The important thing is not to pass new laws and programs, but to ask whom they benefit.

Chris left this comment on the blog so I hope he won’t mind if I post it:

“Florida’s a mess. Here is a story I am working on for Education Matters.

“Gary Chartrand is the chair of the state board of education

“The State Board of Education over sees the Department of Education and hired commissioner Pam Stewart.

“The Department of Education is handing out grants, 3.3 million dollars’ worth to only three winners, to foster partnerships between districts and charter schools.

“Gary Chartrand is on the board of the KIPP charter school in Jacksonville.

“Superintendent Vitti and the Duval County School board (Jacksonville) have applied for the grant. Vitti said, “KIPP is here to stay, and the KIPP expansion will occur with or without the grant,” Vitti said. “If there’s an opportunity to write a grant that benefits KIPP but also the school district, then I think it would be rather foolish financially to walk away from that.”

“Gary Chartrand and the board of KIPP have given thousands and thousands of dollars to six member of the school board and thousands more to have the seventh Paula Wright defeated.

“WJCT Jacksonville’s public radio station did what I consider a puff piece on the district applying for the charter grant that left out a lot of important information. They didn’t mention that last year KIPP was protected by the states rule saying schools could only drop one letter grade, a rule that Chartrand had a hand in developing. KIPP’s real school grades are F, B, C(D) B. They also didn’t mention how KIPP spends about a third more per pupil, has longer days, smaller classes, requires its parents to at least be marginally involved and may or may not be counseling out under performers, only 64 of its first class of 88 finished. The piece made it sound like that KIPP is just better.

“The Chartrand foundation at least partially funds WJCT’s education coverage.”

Katie Lapham teaches ESL classes in Brooklyn. What is really rotten in the schools, she writes, are the terrible tests that her first-graders must take. Their purpose is solely to evaluate the teachers. The tests were largely developmentally inappropriate.

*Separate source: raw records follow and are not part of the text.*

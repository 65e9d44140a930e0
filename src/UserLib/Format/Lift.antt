-- ===== src/UserLib/Format/Lift.antt =====
-- `vprintfmt` of scheduler/lib/printfmt.c on two states, of which one is an image of the other.
use features_operating_syste.Prelude.{
  ℕ, zero, suc, ◌/◌, ◌%◌, ◌≡◌, refl, ap, ◌∙◌, Bool, true, false, not, ◌&&◌, ◌||◌, Option, none,
  some, List, [], ◌∷◌, leb, ◌==◌, if◌then◌else◌, length, ℤ, pos, ltb_ℤ, Bool-cases, Option-cases,
  inl, inr,
}
use features_operating_syste.UserLib.Strings.{strnlen}
use features_operating_syste.UserLib.Format.Numbers.{
  Argumento, palabra, cadena, parte_positiva, restar, cifra, repetir, printnum,
}
use features_operating_syste.UserLib.Format.Orders.{
  Opciones, sin_opciones, Orden, va_palabra, leer_orden,
}
use features_operating_syste.UserLib.Format.Errors.{error_string, formato_error_d, formato_s}
use features_operating_syste.UserLib.Format.Run.{
  getuint, getint, va_cadena, texto_nulo, como_size, visible, imprimir_cadena, imprimir_s,
  imprimir_numero, imprimir_d, con_resto, con_args, caso_c, caso_e, caso_s, valor_absoluto,
  ejecutar, paso, vprintfmt_con, imprimir_error, vprintfmt,
}

-- A state that is changed by `f` is seen through `h` as one that is changed by `g`.
module _ {S T : Type 0} (f : ℕ → S → S) (g : ℕ → T → T) (h : S → T)
    (hom : (c : ℕ) (s : S) → h (f c s) ≡ g c (h s)) where
  abbrev pub llevar : Option S → Option T
  llevar none = none
  llevar (some s) = some (h s)

  abbrev llevar_args : Option (S × List Argumento) → Option (T × List Argumento)
  llevar_args none = none
  llevar_args (some (s, args)) = some (h s, args)

  abbrev llevar_resto : Option (S × List ℕ × List Argumento) → Option (T × List ℕ × List Argumento)
  llevar_resto none = none
  llevar_resto (some (s, resto, args)) = some (h s, resto, args)

  repetir-h : (n c : ℕ) (s : S) → h (repetir f n c s) ≡ repetir g n c (h s)
  unfolding repetir
  repetir-h zero c s = refl
  repetir-h (suc n) c s = repetir-h n c (f c s) ∙ ap (repetir g n c) (hom c s)

  h-si : (b : Bool) (x y : S) → h (if b then x else y) ≡ (if b then h x else h y)
  h-si true x y = refl
  h-si false x y = refl

  si-si :
      (b : Bool) {x x' y y' : T} → x ≡ x' → y ≡ y' → (if b then x else y) ≡ (if b then x' else y')
  si-si true p q = p
  si-si false p q = q

  printnum-h :
      (n num base : ℕ) (width : ℤ) (padc : ℕ) (s : S)
      → h (printnum f n num base width padc s) ≡ printnum g n num base width padc (h s)
  unfolding printnum
  printnum-h zero num base width padc s = refl
  printnum-h (suc n) num base width padc s =
      let antes = printnum-h n (num / base) base (restar width 1) padc s in
      let relleno = repetir-h (parte_positiva (restar width 1)) padc s in
      hom (cifra (num % base)) _
      ∙ ap (g (cifra (num % base))) (h-si (leb base num) _ _ ∙ si-si (leb base num) antes relleno)

  imprimir_cadena-h :
      (a : Bool) (precision width : ℤ) (l : List ℕ) (s : S)
      → ((imprimir_cadena f a precision width l s).0
          ≡ (imprimir_cadena g a precision width l (h s)).0)
        × (h (imprimir_cadena f a precision width l s).1
            ≡ (imprimir_cadena g a precision width l (h s)).1)
  unfolding imprimir_cadena
  imprimir_cadena-h a precision width [] s = (refl, refl)
  imprimir_cadena-h a precision width (x ∷ l) s =
      let p' = if ltb_ℤ precision (pos 0) then precision else restar precision 1 in
      let (e, q) = imprimir_cadena-h a p' (restar width 1) l (f (visible a x) s) in
      let puesto = hom (visible a x) s in
      elim (Bool-cases (ltb_ℤ precision (pos 0) || ltb_ℤ (pos 0) precision)) [
        | inl b ↦ rw b (
          e ∙ ap (λ (t : T). (imprimir_cadena g a p' (restar width 1) l t).0) puesto,
          q ∙ ap (λ (t : T). (imprimir_cadena g a p' (restar width 1) l t).1) puesto,
        )
        | inr b ↦ rw b (refl, refl)
      ]

  imprimir_s-h :
      (o : Opciones) (p : List ℕ) (s : S) → h (imprimir_s f o p s) ≡ imprimir_s g o p (h s)
  unfolding imprimir_s
  imprimir_s-h o p s =
      let izquierda = ltb_ℤ (pos 0) o.width && not (o.padc == b'-') in
      let w = restar o.width (strnlen p (como_size o.precision)) in
      let w1 : ℤ = if izquierda then (if ltb_ℤ (pos 0) w then pos 0 else w) else o.width in
      let s1 : S = if izquierda then repetir f (parte_positiva w) o.padc s else s in
      let (e, q) = imprimir_cadena-h o.altflag o.precision w1 p s1 in
      let k1 : h s1 ≡ (if izquierda then repetir g (parte_positiva w) o.padc (h s) else h s) =
        h-si izquierda _ _ ∙ si-si izquierda (repetir-h (parte_positiva w) o.padc s) refl in
      let r = imprimir_cadena f o.altflag o.precision w1 p s1 in
      let fuera = λ (t : T).
        let r' = imprimir_cadena g o.altflag o.precision w1 p t in
        repetir g (parte_positiva r'.0) b' ' r'.1 in
      repetir-h (parte_positiva r.0) b' ' r.1
      ∙ ap (λ (z : ℤ). repetir g (parte_positiva z) b' ' (h r.1)) e
      ∙ ap (repetir g (parte_positiva (imprimir_cadena g o.altflag o.precision w1 p (h s1)).0) b' ')
          q
      ∙ ap fuera k1

  imprimir_numero-h :
      (o : Opciones) (base : ℕ) (v : Option (ℕ × List Argumento)) (s : S)
      → llevar_args (imprimir_numero f o base v s) ≡ imprimir_numero g o base v (h s)
  unfolding imprimir_numero
  imprimir_numero-h o base none s = refl
  imprimir_numero-h o base (some (num, args)) s =
      ap (λ (t : T). some (t, args)) (printnum-h 64 num base o.width o.padc s)

  imprimir_d-h :
      (o : Opciones) (v : Option (Bool × ℕ × List Argumento)) (s : S)
      → llevar_args (imprimir_d f o v s) ≡ imprimir_d g o v (h s)
  unfolding imprimir_d
  imprimir_d-h o none s = refl
  imprimir_d-h o (some (negativo, num, args)) s =
      imprimir_numero-h o 10 (some (num, args)) (if negativo then f b'-' s else s)
      ∙ ap (imprimir_numero g o 10 (some (num, args)))
          (h-si negativo _ _ ∙ si-si negativo (hom b'-' s) refl)

  con_resto-h :
      (resto : List ℕ) (x : Option (S × List Argumento)) {y : Option (T × List Argumento)}
      → llevar_args x ≡ y
      → llevar_resto (con_resto f resto x) ≡ con_resto g resto y
  con_resto-h resto x e = con_resto-igual x ∙ ap (con_resto g resto) e
    where
      con_resto-igual :
          (x : Option (S × List Argumento))
          → llevar_resto (con_resto f resto x) ≡ con_resto g resto (llevar_args x)
      con_resto-igual none = refl
      con_resto-igual (some (s, args)) = refl

  caso_c-h :
      (s : S) (resto : List ℕ) (v : Option (ℕ × List Argumento))
      → llevar_resto (caso_c f s resto v) ≡ caso_c g (h s) resto v
  caso_c-h s resto none = refl
  caso_c-h s resto (some (v, args)) = ap (λ (t : T). some (t, resto, args)) (hom v s)

  caso_s-h :
      (o : Opciones) (s : S) (resto : List ℕ) (v : Option (Option (List ℕ) × List Argumento))
      → llevar_resto (caso_s f o s resto v) ≡ caso_s g o (h s) resto v
  caso_s-h o s resto none = refl
  caso_s-h o s resto (some (none, args)) =
      ap (λ (t : T). some (t, resto, args)) (imprimir_s-h o texto_nulo s)
  caso_s-h o s resto (some (some p, args)) =
      ap (λ (t : T). some (t, resto, args)) (imprimir_s-h o p s)

  llevar_resto-si :
      (b : Bool) (x y : Option (S × List ℕ × List Argumento))
      {x' y' : Option (T × List ℕ × List Argumento)}
      → llevar_resto x ≡ x'
      → llevar_resto y ≡ y'
      → llevar_resto (if b then x else y) ≡ (if b then x' else y')
  llevar_resto-si true x y p q = p
  llevar_resto-si false x y p q = q

  module _ (err : ℕ → S → Option S) (err' : ℕ → T → Option T)
      (hom_err : (n : ℕ) (s : S) → llevar (err n s) ≡ err' n (h s)) where
    caso_e-h :
        (s : S) (resto : List ℕ) (v : Option (ℕ × List Argumento))
        → llevar_resto (caso_e f err s resto v) ≡ caso_e g err' (h s) resto v
    caso_e-h s resto none = refl
    caso_e-h s resto (some (v, args)) = con_resto-h resto _ (
        con_args-h (err (valor_absoluto v) s) ∙ ap (con_args g args) (hom_err (valor_absoluto v) s))
      where
        con_args-h : (x : Option S) → llevar_args (con_args f args x) ≡ con_args g args (llevar x)
        con_args-h none = refl
        con_args-h (some s) = refl

    ejecutar-h :
        (desde : List ℕ) (k : Orden) (s : S)
        → llevar_resto (ejecutar f err desde k s) ≡ ejecutar g err' desde k (h s)
    unfolding ejecutar
    ejecutar-h desde k s =
        let o = k.opciones in
        let c = k.letra in
        let num = λ (base : ℕ) (v : Option (ℕ × List Argumento)) (s' : S).
          con_resto-h k.resto _ (imprimir_numero-h o base v s') in
        let cero_x = ap (g b'x') (hom b'0' s) in
        let puntero = con_resto-h k.resto _ (
          imprimir_numero-h o 16 (va_palabra k.args) (f b'x' (f b'0' s))
          ∙ ap (imprimir_numero g o 16 (va_palabra k.args)) (hom b'x' (f b'0' s) ∙ cero_x)) in
        let signo = λ (resto : List ℕ). ap (λ (t : T). some (t, resto, k.args)) (hom b'%' s) in
        let u = getuint o.lflag k.args in
        llevar_resto-si (c == b'c') _ _ (caso_c-h s k.resto (va_palabra k.args)) (
          llevar_resto-si (c == b'e') _ _ (caso_e-h s k.resto (va_palabra k.args)) (
            llevar_resto-si (c == b's') _ _ (caso_s-h o s k.resto (va_cadena k.args)) (
              llevar_resto-si (c == b'd') _ _
                (con_resto-h k.resto _ (imprimir_d-h o (getint o.lflag k.args) s))
                (llevar_resto-si (c == b'u') _ _ (num 10 u s) (
                  llevar_resto-si (c == b'o') _ _ (num 8 u s) (
                    llevar_resto-si (c == b'p') _ _ puntero (
                      llevar_resto-si (c == b'x') _ _ (num 16 u s)
                        (llevar_resto-si (c == b'%') _ _ (signo k.resto) (signo desde)))))))))

    paso-h :
        (c : ℕ) (fmt : List ℕ) (args : List Argumento) (s : S)
        → llevar_resto (paso f err c fmt args s) ≡ paso g err' c fmt args (h s)
    unfolding paso
    paso-h c fmt args s =
        llevar_resto-si (c == b'%') _ _
          (orden-h (leer_orden (suc (length fmt)) sin_opciones fmt args))
          (ap (λ (t : T). some (t, fmt, args)) (hom c s))
      where
        orden-h :
            (k : Option Orden)
            → llevar_resto (elim k [ none ↦ none | some k' ↦ ejecutar f err fmt k' s ])
              ≡ elim k [ none ↦ none | some k' ↦ ejecutar g err' fmt k' (h s) ]
        orden-h none = refl
        orden-h (some k') = ejecutar-h fmt k' s

    vprintfmt_con-h :
        (n : ℕ) (fmt : List ℕ) (args : List Argumento) (s : S)
        → llevar (vprintfmt_con f err n fmt args s) ≡ vprintfmt_con g err' n fmt args (h s)
    unfolding vprintfmt_con
    vprintfmt_con-h zero fmt args s = refl
    vprintfmt_con-h (suc n) [] args s = refl
    vprintfmt_con-h (suc n) (c ∷ fmt) args s =
        otra (λ fmt' args' s'. vprintfmt_con-h n fmt' args' s') (paso f err c fmt args s)
        ∙ ap
            (λ (x : Option (T × List ℕ × List Argumento)). elim x as (λ y. Option T) [
              | none ↦ none
              | some (t, fmt', args') ↦ vprintfmt_con g err' n fmt' args' t
            ])
            (paso-h c fmt args s)
      where
        otra :
            ((fmt' : List ℕ) (args' : List Argumento) (s' : S)
              → llevar (vprintfmt_con f err n fmt' args' s')
                ≡ vprintfmt_con g err' n fmt' args' (h s'))
            → (x : Option (S × List ℕ × List Argumento))
            → llevar (elim x [
              | none ↦ none
              | some (s', fmt', args') ↦ vprintfmt_con f err n fmt' args' s'
            ])
              ≡ elim (llevar_resto x) [
                | none ↦ none
                | some (t, fmt', args') ↦ vprintfmt_con g err' n fmt' args' t
              ]
        otra ih none = refl
        otra ih (some (s', fmt', args')) = ih fmt' args' s'

  imprimir_error-h :
      (num : ℕ) (s : S) → llevar (imprimir_error f num s) ≡ imprimir_error g num (h s)
  unfolding imprimir_error
  imprimir_error-h num s = elim (Option-cases (error_string num)) [
    | inl e ↦
        rw (imprimir_error, e)
          (vprintfmt_con-h (λ n s'. none) (λ n t. none) (λ n s'. refl)
            (suc (length formato_error_d)) formato_error_d (palabra num ∷ []) s)
    | inr (p, e) ↦
        rw (imprimir_error, e)
          (vprintfmt_con-h (λ n s'. none) (λ n t. none) (λ n s'. refl) (suc (length formato_s))
            formato_s (cadena (some p) ∷ []) s)
  ]

  pub vprintfmt-h :
      (fmt : List ℕ) (args : List Argumento) (s : S)
      → llevar (vprintfmt f fmt args s) ≡ vprintfmt g fmt args (h s)
  unfolding vprintfmt
  vprintfmt-h fmt args s =
      vprintfmt_con-h (imprimir_error f) (imprimir_error g) imprimir_error-h (suc (length fmt)) fmt
        args s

No teacher, she writes, would create such absurd tests.

She writes:

“Last month, it took me two and a half days to administer the 2014-2015 Grade 1 Math Inventory Baseline Performance Tasks to my students because the assessment had to be administered as individual interviews (NYCDOE words, not mine). The math inventory included 12 tasks, many of which were developmentally inappropriate. For example, in demonstrating their understanding of place value, first graders were asked to compare two 3-digit numbers using and =. Students were also asked to solve addition and subtraction word problems within 100.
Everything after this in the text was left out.